Когда я пришел домой, мать копалась в корзине для журналов в гостиной.

- Жень, - отозвалась она на мой «Привет!» - Ты не видел мою книжку? «Секрет» называется. Где-то тут лежала.

- Нет, - соврал я. – А разве ты ее уже не прочитала?

- Да прочитала, - ма стала запихивать вытащенные журналы обратно в корзину. – Просто на курсах – ну, на датском, - девочка одна из Украины. Почитать хотела что-то на русском. Вот я ей и обещала принести. А теперь найти не могу. Ты точно книгу не брал?

- Да ты что, мам, - усмехнулся я. – Я такое не читаю.

- Да ну! – она выпрямилась и взглянула на меня, прищурив глаза. – А может, стоило бы? А то, похоже, ты, минуя теорию, слишком быстро перешел к практике, - и снимает такая у меня с плеча волос. Тонкий, длинный и каштановый. И как он только попал туда? Наверное с Лэркиной подушки. Пипец!

- А... мня... – залепептал я, а потом подхватил рюкзак и сбежал. – Мне уроки надо делать!

За ужином я Себастиана не узнал. Честно говоря, не видел его толком с субботней ночи, и меня поразила произошедшая с отчимом перемена. Нет, не то, чтобы в нем совесть проснулась или что-то такое. Просто показная заботливость и доброта слетели вмиг, будто ненужная больше маска. Он орудовал ножом и вилкой с ледяным спокойствием, был вежлив и холодно-учтив. По мне скользил безразличным взглядом. С матерью едва перекинулся парой слов, типа «Передай, пожалуйста, солонку» или «Дорогая, не могла бы ты сделать одолжение и помолчать. Я за день клиентов наслушался, и мне хочется тишины».

Ма сидела с убитым видом. Пыталась подложить ему кусочек повкуснее, расспросить, не случилось ли что на работе. Но на работе у Севы все было прекрасно, к отбивной он едва притронулся («На вкус, как бумага»), зато два раза исправил мамины ошибки в датском. «Катюша, как ты не можешь запомнить, это называется не «flodesovs», а «flødesovs»![1] Последней каплей в том ведре холодного говна, которое вылил на мать Себастиан, стала крошка, присохшая к десертной ложечке. Ложечка, конечно, была мытая в той самой навороченной посудомойке, которая пряталась за одной из зеркальных панелей в кухне. И отчим это прекрасно знал. Вот только, увидев пятнышко, он аккуратно положил ложку на стол, поблагодарил за еду и вышел из-за стола, оставив на тарелке нетронутый шоколадный мусс. Его, кстати, ма специально для Севы готовила, потому что я такое не жру.

Убирал со стола я сам, потому что мать всхипывала в кухне, загружая посудомойку. Я пытался ее утешить, говорил, что она ничего такого не сделала, это Себастиан сволочь.

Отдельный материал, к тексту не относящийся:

-- ===== src/Firmware/Halts.antt =====
-- The update ends: enough fuel for its waits is given by a clock that sleeping moves on.
use canopen_tools.Prelude.{
  ℕ, zero, suc, ◌+◌, ◌*◌, ◌/◌, ◌≤◌, ◌<◌, ◌≡◌, refl, inl, inr, Option, none, some, List, [], ◌∷◌,
  ◌++◌, arith, ltb, ltb→le, ◌==◌, length, length-drop, take, drop, Bool-cases,
}
use canopen_tools.Outcome.{Result, ok, raise, is_exception}
use canopen_tools.Firmware.Device.{
  Call, connect, disconnect, read_swid, read_status, pre_operational, wait_bootup, ctrl, get_size,
  open_file, read_file, close_file, open_transfer, write, show_progress, close_transfer, sleep, Env,
  Log, Run, returned, raised, out_of_fuel, M, run_of, after_try, after_close, closing, continue,
  attempt, finally, ◌>>=◌, perform,
}
use canopen_tools.Firmware.Flash.{
  default_timeout, program_ctrl_start, program_ctrl_stop, program_ctrl_clear, program_ctrl_confirm,
  until_end, poll, wait_loop, wait_for_flash_status_ok, require_ok, report, chunk_size, copy_loop,
  download, update_steps, flash_firmware,
}

abbrev pub HasEnded : {A : Type 0} → Run A → Type 0
HasEnded out_of_fuel = ⊥
HasEnded _ = Unit

-- From every log, the action ends.
abbrev pub Halts : {A : Type 0} → M A → Type 0
Halts m = (l : Log) → HasEnded (m l).0

-- The clock never runs back, and `time.sleep(0.5)` takes 500 milliseconds at least.
pub record Ticks (env : Env) : Type 0 where
  pub forward : (l : Log) (c : Call) → env.clock l ≤ env.clock (l ++ ((c, env.reply l c) ∷ []))
  pub sleeps :
      (l : Log) (n : ℕ)
      → env.reply l sleep ≡ ok n
      → env.clock l + 500 ≤ env.clock (l ++ ((sleep, env.reply l sleep) ∷ []))

pub Halts-bind :
    {A B : Type 0} (m : M A) (f : A → M B) → Halts m → ((a : A) → Halts (f a)) → Halts (m >>= f)
unfolding ◌>>=◌
Halts-bind {A} m f hm hf l = go (m l).0 (m l).1 (hm l)
  where
    go : (r : Run A) (k : Log) → HasEnded r → HasEnded (continue f r k).0
    go (returned a) k h = hf a k
    go (raised e) k h = tt
    go out_of_fuel k h = h

pub Halts-perform : (env : Env) (c : Call) → Halts (perform env c)
unfolding perform
Halts-perform env c l = go (env.reply l c)
  where
    go : (r : Result ℕ) → HasEnded (run_of r)
    go (ok n) = tt
    go (raise e) = tt

pub Halts-attempt : {A : Type 0} (m : M A) → Halts m → Halts (attempt m)
unfolding attempt
Halts-attempt {A} m hm l = go (m l).0 (m l).1 (hm l)
  where
    go : (r : Run A) (k : Log) → HasEnded r → HasEnded (after_try r k).0
    go (returned a) k h = tt
    go (raised e) k h = elim (Bool-cases (is_exception e)) [
      | inl caught ↦ rw caught tt
      | inr passed ↦ rw passed tt
    ]
    go out_of_fuel k h = h

Halts-finally :
    {A : Type 0} (m : M A) (close : M ℕ) → Halts m → Halts close → Halts (finally m close)
unfolding finally
Halts-finally {A} m close hm hc l = go (m l).0 (m l).1 (hm l)
  where
    shut :
        (r : Run A) (x : Run ℕ) (j : Log)
        → HasEnded r
        → HasEnded x
        → HasEnded (after_close r (x, j)).0
    shut r (returned n) j h hx = h
    shut r (raised e) j h hx = tt
    shut r out_of_fuel j h hx = hx

    go : (r : Run A) (k : Log) → HasEnded r → HasEnded (closing close r k).0
    go (returned a) k h = shut (returned a) (close k).0 (close k).1 tt (hc k)
    go (raised e) k h = shut (raised e) (close k).0 (close k).1 tt (hc k)
    go out_of_fuel k h = h

module _ (env : Env) (ticks : Ticks env) where
  until_end_halts :
      (again : ℕ → M ℕ) (end_time status : ℕ) (l : Log)
      → (env.clock l ≤ end_time
          → (n : ℕ) (j : Log) → env.clock l + 500 ≤ env.clock j
          → HasEnded (again n j).0)
      → HasEnded (until_end env again end_time status l).0
  unfolding until_end ◌>>=◌ perform
  until_end_halts again end_time status l later = elim (Bool-cases (ltb end_time (env.clock l))) [
    | inl over ↦ rw over tt
    | inr early ↦ rw early (go (ltb→le end_time (env.clock l) early) (env.reply l sleep) refl)
  ]
    where
      go :
          env.clock l ≤ end_time
          → (r : Result ℕ) → env.reply l sleep ≡ r
          → HasEnded (continue (λ n. again status) (run_of r) (l ++ ((sleep, r) ∷ []))).0
      go early (ok n) e = later early status _ (rw e at (ticks.sleeps l n e))
      go early (raise x) e = tt

  poll_halts :
      (again : ℕ → M ℕ) (end_time status : ℕ) (got : Option ℕ) (l : Log)
      → (env.clock l ≤ end_time
          → (n : ℕ) (j : Log) → env.clock l + 500 ≤ env.clock j
          → HasEnded (again n j).0)
      → HasEnded (poll env again end_time status got l).0
  unfolding poll
  poll_halts again end_time status (some zero) l later = tt
  poll_halts again end_time status (some (suc n)) l later =
      until_end_halts again end_time (suc n) l later
  poll_halts again end_time status none l later = until_end_halts again end_time status l later

  -- The read of a round, and then the rest.
  after_read :
      (f : Option ℕ → M ℕ) (r : Result ℕ) (j : Log)
      → ((got : Option ℕ) → HasEnded (f got j).0)
      → HasEnded (continue f (after_try (run_of r) j).0 (after_try (run_of r) j).1).0
  after_read f (ok n) j h = h (some n)
  after_read f (raise e) j h = elim (Bool-cases (is_exception e)) [
    | inl caught ↦ rw caught (h none)
    | inr passed ↦ rw passed tt
  ]

  wait_round_halts :
      (fuel end_time status : ℕ) (l : Log)
      → (env.clock (l ++ ((read_status, env.reply l read_status) ∷ [])) ≤ end_time
          → (n : ℕ) (k : Log)
          → env.clock (l ++ ((read_status, env.reply l read_status) ∷ [])) + 500 ≤ env.clock k
          → HasEnded (wait_loop env fuel end_time n k).0)
      → HasEnded (wait_loop env (suc fuel) end_time status l).0
  unfolding wait_loop ◌>>=◌ attempt perform
  wait_round_halts fuel end_time status l later =
      after_read (poll env (wait_loop env fuel end_time) end_time status) (env.reply l read_status)
        _ (λ got. poll_halts (wait_loop env fuel end_time) end_time status got _ later)

  -- The fuel outlasts the time that is left, and one round more.
  wait_loop_halts :
      (fuel end_time status : ℕ) (l : Log)
      → end_time < env.clock l + 500 * fuel
      → HasEnded (wait_loop env (suc fuel) end_time status l).0
  wait_loop_halts zero end_time status l enough =
      wait_round_halts zero end_time status l
        (λ early n k slept. absurd (omega (arith, ticks.forward l read_status)))
  wait_loop_halts (suc fuel) end_time status l enough =
      wait_round_halts (suc fuel) end_time status l (λ early n k slept.
        wait_loop_halts fuel end_time n k (omega (arith, ticks.forward l read_status)))

  -- A wait of `timeout` milliseconds ends within `timeout / 500 + 2` rounds.
  pub wait_for_flash_status_ok-Halts :
      (fuel timeout : ℕ)
      → timeout / 500 + 2 ≤ fuel
      → Halts (wait_for_flash_status_ok env fuel timeout)
  unfolding wait_for_flash_status_ok ◌>>=◌
  wait_for_flash_status_ok-Halts zero timeout enough l = absurd (omega arith)
  wait_for_flash_status_ok-Halts (suc fuel) timeout enough l =
      wait_loop_halts fuel (env.clock l + timeout) 0xFFFFFFFF l (omega arith)

  require_ok-Halts : (n : ℕ) → Halts (require_ok env n)
  unfolding require_ok
  require_ok-Halts n l = elim (Bool-cases (n == 0)) [
    | inl done ↦ rw done tt
    | inr busy ↦ rw busy tt
  ]

  report-Halts : (total size : ℕ) → Halts (report env total size)
  unfolding report
  report-Halts total size l = elim (Bool-cases (size == 0)) [
    | inl empty ↦ rw empty tt
    | inr full ↦ rw full (Halts-perform env (show_progress total size) l)
  ]

  copy_loop-Halts :
      (fuel size total : ℕ) (left : List ℕ)
      → length left < fuel
      → Halts (copy_loop env fuel size total left)
  unfolding copy_loop
  copy_loop-Halts zero size total left h = absurd (omega arith)
  copy_loop-Halts (suc fuel) size total [] h =
      Halts-bind _ _ (Halts-perform env read_file) (λ n l. tt)
  copy_loop-Halts (suc fuel) size total (b ∷ left) h =
      Halts-bind _ _ (Halts-perform env read_file) λ n.
        Halts-bind _ _ (Halts-perform env (write (take chunk_size (b ∷ left)))) λ m.
          Halts-bind _ _ (report-Halts (total + length (take chunk_size (b ∷ left))) size) λ k.
            copy_loop-Halts fuel size _ (drop chunk_size (b ∷ left))
              (omega (arith, length-drop chunk_size (b ∷ left)))

  download-Halts : (size : ℕ) (content : List ℕ) → Halts (download env size content)
  unfolding download
  download-Halts size content = Halts-bind _ _ (Halts-perform env open_file) λ n.
      Halts-finally _ _
        (Halts-bind _ _ (Halts-perform env (open_transfer size)) λ m.
          Halts-finally _ _ (copy_loop-Halts (suc (length content)) size 0 content (omega arith))
            (Halts-perform env close_transfer))
        (Halts-perform env close_file)

  wait-Halts : (fuel : ℕ) → 122 ≤ fuel → Halts (wait_for_flash_status_ok env fuel default_timeout)
  wait-Halts fuel enough = wait_for_flash_status_ok-Halts fuel default_timeout (omega arith)

  try-Halts : (c : Call) → Halts (attempt (perform env c))
  try-Halts c = Halts-attempt _ (Halts-perform env c)

  pub update_steps-Halts :
      (fuel : ℕ) (content : List ℕ) → 122 ≤ fuel → Halts (update_steps env fuel content)
  unfolding update_steps
  update_steps-Halts fuel content enough = Halts-bind _ _ (try-Halts read_swid) λ a.
      Halts-bind _ _ (wait-Halts fuel enough) λ b.
        Halts-bind _ _ (Halts-perform env pre_operational) λ c.
          Halts-bind _ _ (Halts-perform env (ctrl program_ctrl_stop)) λ d.
            Halts-bind _ _ (Halts-perform env (ctrl program_ctrl_clear)) λ e.
              Halts-bind _ _ (wait-Halts fuel enough) λ f. Halts-bind _ _ (require_ok-Halts f) λ g.
                Halts-bind _ _ (Halts-perform env get_size) λ h.
                  Halts-bind _ _ (download-Halts h content) λ i.
                    Halts-bind _ _ (wait-Halts fuel enough) λ j.
                      Halts-bind _ _ (require_ok-Halts j) λ k.
                        Halts-bind _ _ (try-Halts read_swid) λ m.
                          Halts-bind _ _ (Halts-perform env (ctrl program_ctrl_start)) λ n.
                            Halts-bind _ _ (try-Halts wait_bootup) λ o.
                              Halts-bind _ _ (Halts-perform env pre_operational) λ p.
                                Halts-bind _ _ (Halts-perform env (ctrl program_ctrl_confirm))
                                  λ q l. tt

  -- With a clock that never runs back and that each sleep moves on by 500 milliseconds at least, the
  -- update returns or raises, from every log and whatever the calls answer: a wait takes at most 122
  -- rounds, and the copy of the file as many as it has bytes, and one.
  pub flash_firmware-Halts :
      (fuel : ℕ) (content : List ℕ) → 122 ≤ fuel → Halts (flash_firmware env fuel content)
  unfolding flash_firmware
  flash_firmware-Halts fuel content enough =
      Halts-bind _ _ (Halts-perform env connect) λ n.
        Halts-finally _ _ (update_steps-Halts fuel content enough) (Halts-perform env disconnect)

Но она только наорала на меня шепотом: мол, они взрослые, и сами разберутся, а я чтоб не лез и не смел такое про Севочку говорить. А не то она сама меня ремнем выпорет.

Лежа в постели, я почти надеялся, что отчим придет и позовет меня на башню. Ведь это я во всем виноват! Это я нарушил условия сотрудничества. Это я вывел его из себя. Он сам так сказал, точнее, простонал мне в ухо той ночью, вбивая меня в диван и не смущаясь тем, что он белый: «Ты сам сделал это с собой! Я ведь предупреждал тебя, Джек! Я ведь предупреждааааал!» Про то, что мои выверты отольются матери, отчим тоже предупреждал. Просто я надеялся, что ему будет достаточно меня. Оказалось – нет.